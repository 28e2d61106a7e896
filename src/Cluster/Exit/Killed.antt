-- ===== src/Cluster/Exit/Killed.antt =====
-- What `__finally__` has killed.
use wallaroo.Base.{◌≡◌, refl, sym, ap, true, false, Option, none, List, [], ◌∷◌}
use wallaroo.Base.{◌↔◌, ◌++◌, map, All, if◌then◌else◌, Result, ok, err, >>=-eq-ok}
use mathlib.Core.Path.{subst}
use wallaroo.Cluster.{Runner, View, Code, poll, kills}
use wallaroo.Cluster.Exit.{
  Session, finalize, clean_up, finish, runner_data_of, RunnerData, stop_background_threads,
}

abbrev pub Started : View → Runner → Type 0
Started view r = (code : Option Code) × (poll (view r) ≡ ok code)

runner_data_of-Started :
    (view : View) (rs : List Runner)
    → ((ds : List RunnerData) × (runner_data_of view rs ≡ ok ds)) ↔ All (Started view) rs
unfolding runner_data_of
runner_data_of-Started view [] = (λ h. tt, λ h. ([], refl))
runner_data_of-Started view (r ∷ rs) =
    let ih = runner_data_of-Started view rs in
    (
      λ (ds, h).
          let (code, polled, more) = >>=-eq-ok (poll (view r)) _ h in
          let (rest, others, last) = >>=-eq-ok (runner_data_of view rs) _ more in
          ((code, polled), ih.0 (rest, others)),
      λ ((code, polled), h).
          let (rest, others) = ih.1 h in
          (
            record { name = r.name; command = r.command; returncode = code } ∷ rest,
            rw (polled, others) refl,
          ),
    )

finish_facts :
    (o : Result (List RunnerData)) (s : Session)
    → s.finalized ≡ false
    → ((finish o s).1.cluster.events ≡ s.cluster.events)
      × (((finish o s).0 ≡ ok tt) ↔ ((finish o s).1.finalized ≡ true))
      × (((finish o s).0 ≡ ok tt) ↔ ((ds : List RunnerData) × (o ≡ ok ds)))
finish_facts (err e) s fresh = (refl, (λ h. cc, λ h. cc), (λ h. cc, λ (ds, h). cc))
finish_facts (ok rs) s fresh = (refl, (λ h. refl, λ h. refl), (λ h. (rs, refl), λ h. refl))

-- Every runner is killed; the end is for good where it returns, and it returns where every runner has
-- started.
abbrev pub AllKilled : View → Session → Result (Unit {0}) × Session → Type 0
AllKilled view s o =
    (o.1.cluster.events ≡ s.cluster.events ++ map kills s.cluster.runners)
    × ((o.0 ≡ ok tt) ↔ (o.1.finalized ≡ true))
    × ((o.0 ≡ ok tt) ↔ All (Started view) s.cluster.runners)

-- The first `__finally__` kills every runner, whether it returns or raises. It is done for good just
-- where it returns, and it returns just where every runner has started.
pub finalize_kills :
    (view : View) (s : Session) → s.finalized ≡ false → AllKilled view s (finalize view s)
unfolding finalize stop_background_threads
finalize_kills view s fresh =
    let stopped = stop_background_threads none s in
    let facts = finish_facts (runner_data_of view s.cluster.runners) _ fresh in
    let starting = runner_data_of-Started view s.cluster.runners in
    subst (AllKilled view s)
      (sym (ap (λ b. if b then (ok tt, stopped) else clean_up view stopped) fresh))
      (facts.0, facts.1, (λ h. starting.0 (facts.2.0 h), λ h. facts.2.1 (starting.1 h)))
————
# [WORK TO COMPLETE]
Please retype all of the records above exactly as they are.

# [SOLUTION TO THIS PROBLEM]
repository 28e2d61106a7e896
filename src/Cluster/Exit/Killed.antt
-- ===== src/Cluster/Exit/Killed.antt =====
-- What `__finally__` has killed.
use wallaroo.Base.{◌≡◌, refl, sym, ap, true, false, Option, none, List, [], ◌∷◌}
use wallaroo.Base.{◌↔◌, ◌++◌, map, All, if◌then◌else◌, Result, ok, err, >>=-eq-ok}
use mathlib.Core.Path.{subst}
use wallaroo.Cluster.{Runner, View, Code, poll, kills}
use wallaroo.Cluster.Exit.{
  Session, finalize, clean_up, finish, runner_data_of, RunnerData, stop_background_threads,
}

abbrev pub Started : View → Runner → Type 0
Started view r = (code : Option Code) × (poll (view r) ≡ ok code)

runner_data_of-Started :
    (view : View) (rs : List Runner)
    → ((ds : List RunnerData) × (runner_data_of view rs ≡ ok ds)) ↔ All (Started view) rs
unfolding runner_data_of
runner_data_of-Started view [] = (λ h. tt, λ h. ([], refl))
runner_data_of-Started view (r ∷ rs) =
    let ih = runner_data_of-Started view rs in
    (
      λ (ds, h).
          let (code, polled, more) = >>=-eq-ok (poll (view r)) _ h in
          let (rest, others, last) = >>=-eq-ok (runner_data_of view rs) _ more in
          ((code, polled), ih.0 (rest, others)),
      λ ((code, polled), h).
          let (rest, others) = ih.1 h in
          (
            record { name = r.name; command = r.command; returncode = code } ∷ rest,
            rw (polled, others) refl,
          ),
    )

finish_facts :
    (o : Result (List RunnerData)) (s : Session)
    → s.finalized ≡ false
    → ((finish o s).1.cluster.events ≡ s.cluster.events)
      × (((finish o s).0 ≡ ok tt) ↔ ((finish o s).1.finalized ≡ true))
      × (((finish o s).0 ≡ ok tt) ↔ ((ds : List RunnerData) × (o ≡ ok ds)))
finish_facts (err e) s fresh = (refl, (λ h. cc, λ h. cc), (λ h. cc, λ (ds, h). cc))
finish_facts (ok rs) s fresh = (refl, (λ h. refl, λ h. refl), (λ h. (rs, refl), λ h. refl))

-- Every runner is killed; the end is for good where it returns, and it returns where every runner has
-- started.
abbrev pub AllKilled : View → Session → Result (Unit {0}) × Session → Type 0
AllKilled view s o =
    (o.1.cluster.events ≡ s.cluster.events ++ map kills s.cluster.runners)
    × ((o.0 ≡ ok tt) ↔ (o.1.finalized ≡ true))
    × ((o.0 ≡ ok tt) ↔ All (Started view) s.cluster.runners)

-- The first `__finally__` kills every runner, whether it returns or raises. It is done for good just
-- where it returns, and it returns just where every runner has started.
pub finalize_kills :
    (view : View) (s : Session) → s.finalized ≡ false → AllKilled view s (finalize view s)
unfolding finalize stop_background_threads
finalize_kills view s fresh =
    let stopped = stop_background_threads none s in
    let facts = finish_facts (runner_data_of view s.cluster.runners) _ fresh in
    let starting = runner_data_of-Started view s.cluster.runners in
    subst (AllKilled view s)
      (sym (ap (λ b. if b then (ok tt, stopped) else clean_up view stopped) fresh))
      (facts.0, facts.1, (λ h. starting.0 (facts.2.0 h), λ h. facts.2.1 (starting.1 h)))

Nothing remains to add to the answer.